INSTRUCTIONS TO FOLLOW: All entries must be extracted exactly, with nothing added or dropped.

Collected data entries
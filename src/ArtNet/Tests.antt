-- ===== src/ArtNet/Tests.antt =====
-- The theorems on Art-Net at concrete addresses and packets.
mod Packets
use ha_artnet_led.Base.{ℕ, ◌%◌, ◌<◌, ◌≡◌, ◌↔◌, [], ◌∷◌, arith, ltb}
use ha_artnet_led.Base.Result.{ok}
use ha_artnet_led.Base.Bytes.{Bytes}
use ha_artnet_led.ArtNet.Address.{
  PortAddress, IsAddress, port_address, set_port_address, parse, address_lt,
}
use ha_artnet_led.ArtNet.Address.Laws.{
  parse-port_address, port_address-parse, address_lt-port_address,
}
use ha_artnet_led.ArtNet.Codec.{returned}
use ha_artnet_led.ArtNet.Dmx.{ArtDmx, serialize_dmx, deserialize_dmx}
use ha_artnet_led.ArtNet.Dmx.RoundTrip.{
  IsDmx, received_address, deserialize-serialize_dmx, dmx_address_arrives,
}

abbrev house : PortAddress
house = record { net = 1; sub_net = 2; universe = 3 }

abbrev stage : PortAddress
stage = record { net = 1; sub_net = 3; universe = 0 }

house-IsAddress : IsAddress house
house-IsAddress = record {
  net_low = omega arith;
  sub_net_low = omega arith;
  universe_low = omega arith;
}

stage-IsAddress : IsAddress stage
stage-IsAddress = record {
  net_low = omega arith;
  sub_net_low = omega arith;
  universe_low = omega arith;
}

abbrev two_channels : ArtDmx
two_channels = record {
  protocol_version = 14;
  sequence_number = 7;
  physical = 0;
  address = house;
  payload = 255 ∷ 128 ∷ [];
}

two_channels-IsDmx : IsDmx two_channels
two_channels-IsDmx = record {
  version_low = omega arith;
  sequence_low = omega arith;
  physical_low = omega arith;
  address_valid = house-IsAddress;
  payload_short = omega arith;
}

abbrev fresh : ArtDmx
fresh = record {
  protocol_version = 14;
  sequence_number = 0;
  physical = 0;
  address = record { net = 0; sub_net = 0; universe = 0 };
  payload = 0 ∷ 0 ∷ [];
}

parse-port_address_example :
    (set_port_address (port_address house) ≡ house) × (parse (port_address house) ≡ ok house)
parse-port_address_example = parse-port_address house house-IsAddress

address_lt-port_address_example :
    address_lt house stage ≡ ltb (port_address house) (port_address stage)
address_lt-port_address_example =
    address_lt-port_address house stage house-IsAddress stage-IsAddress

deserialize-serialize_dmx_example :
    (b : Bytes) × (serialize_dmx two_channels ≡ ok b)
    × (deserialize_dmx b fresh
        ≡ returned (record two_channels { address = received_address house }) 20)
deserialize-serialize_dmx_example = deserialize-serialize_dmx two_channels fresh two_channels-IsDmx

dmx_address_arrives_example :
    (b : Bytes) × (d' : ArtDmx) × (n : ℕ) × (serialize_dmx two_channels ≡ ok b)
    × (deserialize_dmx b fresh ≡ returned d' n)
    × ((d'.address ≡ house) ↔ ((port_address house % 256 < 16) × (port_address house < 4096)))
    × (d'.address.net ≡ 0)
dmx_address_arrives_example = dmx_address_arrives two_channels fresh two_channels-IsDmx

RESPONSE BOX:
filename src/ArtNet/Tests.antt
-- ===== src/ArtNet/Tests.antt =====
-- The theorems on Art-Net at concrete addresses and packets.
mod Packets
use ha_artnet_led.Base.{ℕ, ◌%◌, ◌<◌, ◌≡◌, ◌↔◌, [], ◌∷◌, arith, ltb}
use ha_artnet_led.Base.Result.{ok}
use ha_artnet_led.Base.Bytes.{Bytes}
use ha_artnet_led.ArtNet.Address.{
  PortAddress, IsAddress, port_address, set_port_address, parse, address_lt,
}
use ha_artnet_led.ArtNet.Address.Laws.{
  parse-port_address, port_address-parse, address_lt-port_address,
}
use ha_artnet_led.ArtNet.Codec.{returned}
use ha_artnet_led.ArtNet.Dmx.{ArtDmx, serialize_dmx, deserialize_dmx}
use ha_artnet_led.ArtNet.Dmx.RoundTrip.{
  IsDmx, received_address, deserialize-serialize_dmx, dmx_address_arrives,
}

abbrev house : PortAddress
house = record { net = 1; sub_net = 2; universe = 3 }

abbrev stage : PortAddress
stage = record { net = 1; sub_net = 3; universe = 0 }

house-IsAddress : IsAddress house
house-IsAddress = record {
  net_low = omega arith;
  sub_net_low = omega arith;
  universe_low = omega arith;
}

stage-IsAddress : IsAddress stage
stage-IsAddress = record {
  net_low = omega arith;
  sub_net_low = omega arith;
  universe_low = omega arith;
}

abbrev two_channels : ArtDmx
two_channels = record {
  protocol_version = 14;
  sequence_number = 7;
  physical = 0;
  address = house;
  payload = 255 ∷ 128 ∷ [];
}

two_channels-IsDmx : IsDmx two_channels
two_channels-IsDmx = record {
  version_low = omega arith;
  sequence_low = omega arith;
  physical_low = omega arith;
  address_valid = house-IsAddress;
  payload_short = omega arith;
}

abbrev fresh : ArtDmx
fresh = record {
  protocol_version = 14;
  sequence_number = 0;
  physical = 0;
  address = record { net = 0; sub_net = 0; universe = 0 };
  payload = 0 ∷ 0 ∷ [];
}

parse-port_address_example :
    (set_port_address (port_address house) ≡ house) × (parse (port_address house) ≡ ok house)
parse-port_address_example = parse-port_address house house-IsAddress

address_lt-port_address_example :
    address_lt house stage ≡ ltb (port_address house) (port_address stage)
address_lt-port_address_example =
    address_lt-port_address house stage house-IsAddress stage-IsAddress

deserialize-serialize_dmx_example :
    (b : Bytes) × (serialize_dmx two_channels ≡ ok b)
    × (deserialize_dmx b fresh
        ≡ returned (record two_channels { address = received_address house }) 20)
deserialize-serialize_dmx_example = deserialize-serialize_dmx two_channels fresh two_channels-IsDmx

dmx_address_arrives_example :
    (b : Bytes) × (d' : ArtDmx) × (n : ℕ) × (serialize_dmx two_channels ≡ ok b)
    × (deserialize_dmx b fresh ≡ returned d' n)
    × ((d'.address ≡ house) ↔ ((port_address house % 256 < 16) × (port_address house < 4096)))
    × (d'.address.net ≡ 0)
dmx_address_arrives_example = dmx_address_arrives two_channels fresh two_channels-IsDmx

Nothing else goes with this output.